The gunfire continued for a few seconds before shouts of “Cease fire!” and “Hold your fire!” began to echo through the hallway. The men who faced Pyragy kept their distance, maintaining cover, wary of some trick. Pyragy did not kid himself. A sniper would be lining him up for a shot the second he stuck his head out from behind the planter. He would not let them assassinate him. It was said among his people that American police often simply killed their victims this way, after a surrender. Weak as they were, they were also corrupt, and the Americans could not be trusted not to murder unarmed men, women and children if given the opportunity. Some small part of Pyragy’s brain wondered if perhaps the bomb he had just planted in this shopping mall would not also kill unarmed men, women and children…but he crushed that thought before it could grow too loud.

“I wish to surrender,” Pyragy yelled again. “I am unarmed. I have thrown away my weapon. Do not kill me.”

“Come out with your hands on your head,” someone shouted back. “Interlace your fingers. Make no sudden moves.”

“I want assurances,” Pyragy shouted. “I will testify. But I want assurances!”

There was no response to this. Finally the instructions to come out with his hands up were repeated. Pyragy knew that he had only a few moments before they started throwing tear gas or perhaps even stun grenades, if they were equipped with such weapons.

He needed to keep his wits about him. He needed to put on a masterful performance, in fact, if he were to carry out his new plan. Perhaps his people would bargain for his release at some subsequent point…or perhaps, when the attacks began in earnest, his release would be demanded as a condition that the bombings stop. He could not dwell on that now. Now, all that mattered was living through this and making sure his enemies focused on him and his dead teammates.
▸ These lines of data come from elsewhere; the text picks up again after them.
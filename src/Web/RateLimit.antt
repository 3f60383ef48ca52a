-- ===== src/Web/RateLimit.antt =====
-- apps/web/server/xcs/rate-limit.ts: fixed-window counters by bucket and client. A `Map` is the list of
-- its entries in the order of iteration; times are in milliseconds. A difference of times is compared
-- by adding on the other side, since it may be negative.
pub mod Bounds
pub mod Budget
use xcs.Common.{
  ℕ, suc, ◌+◌, ◌-◌, ◌/◌, max, Text, codes, Bool, true, false, not, List, [], ◌∷◌, ◌++◌, Option,
  none, some, ltb, leb, text_eq, if◌then◌else◌, filter, length,
}

pub data BudgetScope : Type 0 where
  shared route_scope : BudgetScope

pub record RouteRateLimit : Type 0 where
  pub max : ℕ
  pub time_window_ms : ℕ
  pub scope : BudgetScope

-- A route without a budget, or with `false`, has `none`.
pub record RouteDefinition : Type 0 where
  pub path : Text
  pub rate_limit : Option RouteRateLimit

abbrev pub is_shared : BudgetScope → Bool
is_shared shared = true
is_shared route_scope = false

abbrev pub bucket_name : RouteDefinition → Option RouteRateLimit → Text
bucket_name route none = codes "none"
bucket_name route (some limit) = if is_shared limit.scope then codes "default" else route.path

unfoldable pub rate_limit_bucket_key : RouteDefinition → Text → Text
rate_limit_bucket_key route address = bucket_name route route.rate_limit ++ (codes "|" ++ address)

pub record RateLimitDecision : Type 0 where
  pub allowed : Bool
  pub limit : ℕ
  pub remaining : ℕ
  pub retry_after_seconds : ℕ

pub record Window : Type 0 where
  pub count : ℕ
  pub window_start : ℕ

abbrev pub Windows : Type 0
Windows = List (Text × Window)

pub record Limiter : Type 0 where
  pub windows : Windows
  pub last_prune : ℕ

abbrev pub hour : ℕ
hour = 3600000

-- a window that can no longer deny anything
abbrev pub is_past : ℕ → Text × Window → Bool
is_past current (key, window) = ltb (window.window_start + hour) current

abbrev pub without_past : ℕ → Windows → Windows
without_past current windows = filter (λ w. not (is_past current w)) windows

unfoldable pub prune : ℕ → Limiter → Limiter
prune current limiter = record {
  windows = without_past current limiter.windows;
  last_prune = current;
}

-- the second loop of `makeRoom`
unfoldable pub drop_oldest : ℕ → Windows → Windows
drop_oldest max_windows [] = []
drop_oldest max_windows (w ∷ rest) =
    let dropped = drop_oldest max_windows rest in
    if ltb (length (w ∷ rest)) max_windows then w ∷ rest else dropped

unfoldable pub make_room : ℕ → ℕ → Windows → Windows
unfolding drop_oldest
make_room max_windows current windows =
    if ltb (length windows) max_windows
    then windows
    else drop_oldest max_windows (without_past current windows)

-- `windows.get(key)`
unfoldable pub get_window : Text → Windows → Option Window
unfolding text_eq
get_window key [] = none
get_window key ((k, w) ∷ rest) = if text_eq k key then some w else get_window key rest

-- `windows.set(key, window)`: a key that is there keeps its place.
unfoldable pub set_window : Text → Window → Windows → Windows
unfolding text_eq
set_window key window [] = (key, window) ∷ []
set_window key window ((k, w) ∷ rest) =
    let below = set_window key window rest in
    if text_eq k key then (k, window) ∷ rest else (k, w) ∷ below

-- the window that the hit counts in, before it is counted
unfoldable pub open_window : Option Window → ℕ → RouteRateLimit → Window
open_window none current limit = record { count = 0; window_start = current }
open_window (some window) current limit =
    if leb (window.window_start + limit.time_window_ms) current
    then record { count = 0; window_start = current }
    else window

abbrev pub counted : Window → Window
counted window = record { count = suc window.count; window_start = window.window_start }

unfoldable pub decide : RouteRateLimit → ℕ → Window → RateLimitDecision
decide limit current window = record {
  allowed = leb window.count limit.max;
  limit = limit.max;
  remaining = limit.max - window.count;
  retry_after_seconds = max 1 ((window.window_start + limit.time_window_ms - current + 999) / 1000);
}

abbrev pub room_for : Option Window → ℕ → ℕ → Windows → Windows
room_for none max_windows current windows = make_room max_windows current windows
room_for (some window) max_windows current windows = windows

-- the windows and the decision, after the limiter was pruned or not
unfoldable pub hit_window : ℕ → Text → RouteRateLimit → ℕ → Windows → RateLimitDecision × Windows
unfolding get_window make_room open_window set_window decide
hit_window max_windows key limit current windows =
    let existing = get_window key windows in
    let window = counted (open_window existing current limit) in
    (
      decide limit current window,
      set_window key window (room_for existing max_windows current windows),
    )

abbrev pub pruned : ℕ → Limiter → Limiter
pruned current limiter =
    if ltb (limiter.last_prune + hour) current then prune current limiter else limiter

unfoldable pub hit : ℕ → Text → RouteRateLimit → ℕ → Limiter → RateLimitDecision × Limiter
unfolding prune hit_window
hit max_windows key limit current limiter =
    let before = pruned current limiter in
    let (decision, windows) = hit_window max_windows key limit current before.windows in
    (decision, record { windows = windows; last_prune = before.last_prune })

abbrev pub max_windows_default : ℕ
max_windows_default = 5000

-- `createLimiter`
unfoldable pub create_limiter : ℕ → Limiter
create_limiter now = record { windows = []; last_prune = now }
They must not suspect the bomb was here.

He glanced back to where he had concealed the device. He hoped again that moving it prematurely had not ruined things.

“All right,” he shouted back. “I am coming out. Please do not shoot.”

A high-pitched whine made him turn, again, toward where he had hidden the bomb.

Three metal spheres, propelled by charges of compressed gas, burst upward into the air, one after the other.

“No—” Pyragy had time to say.

And then there was no more time, ever.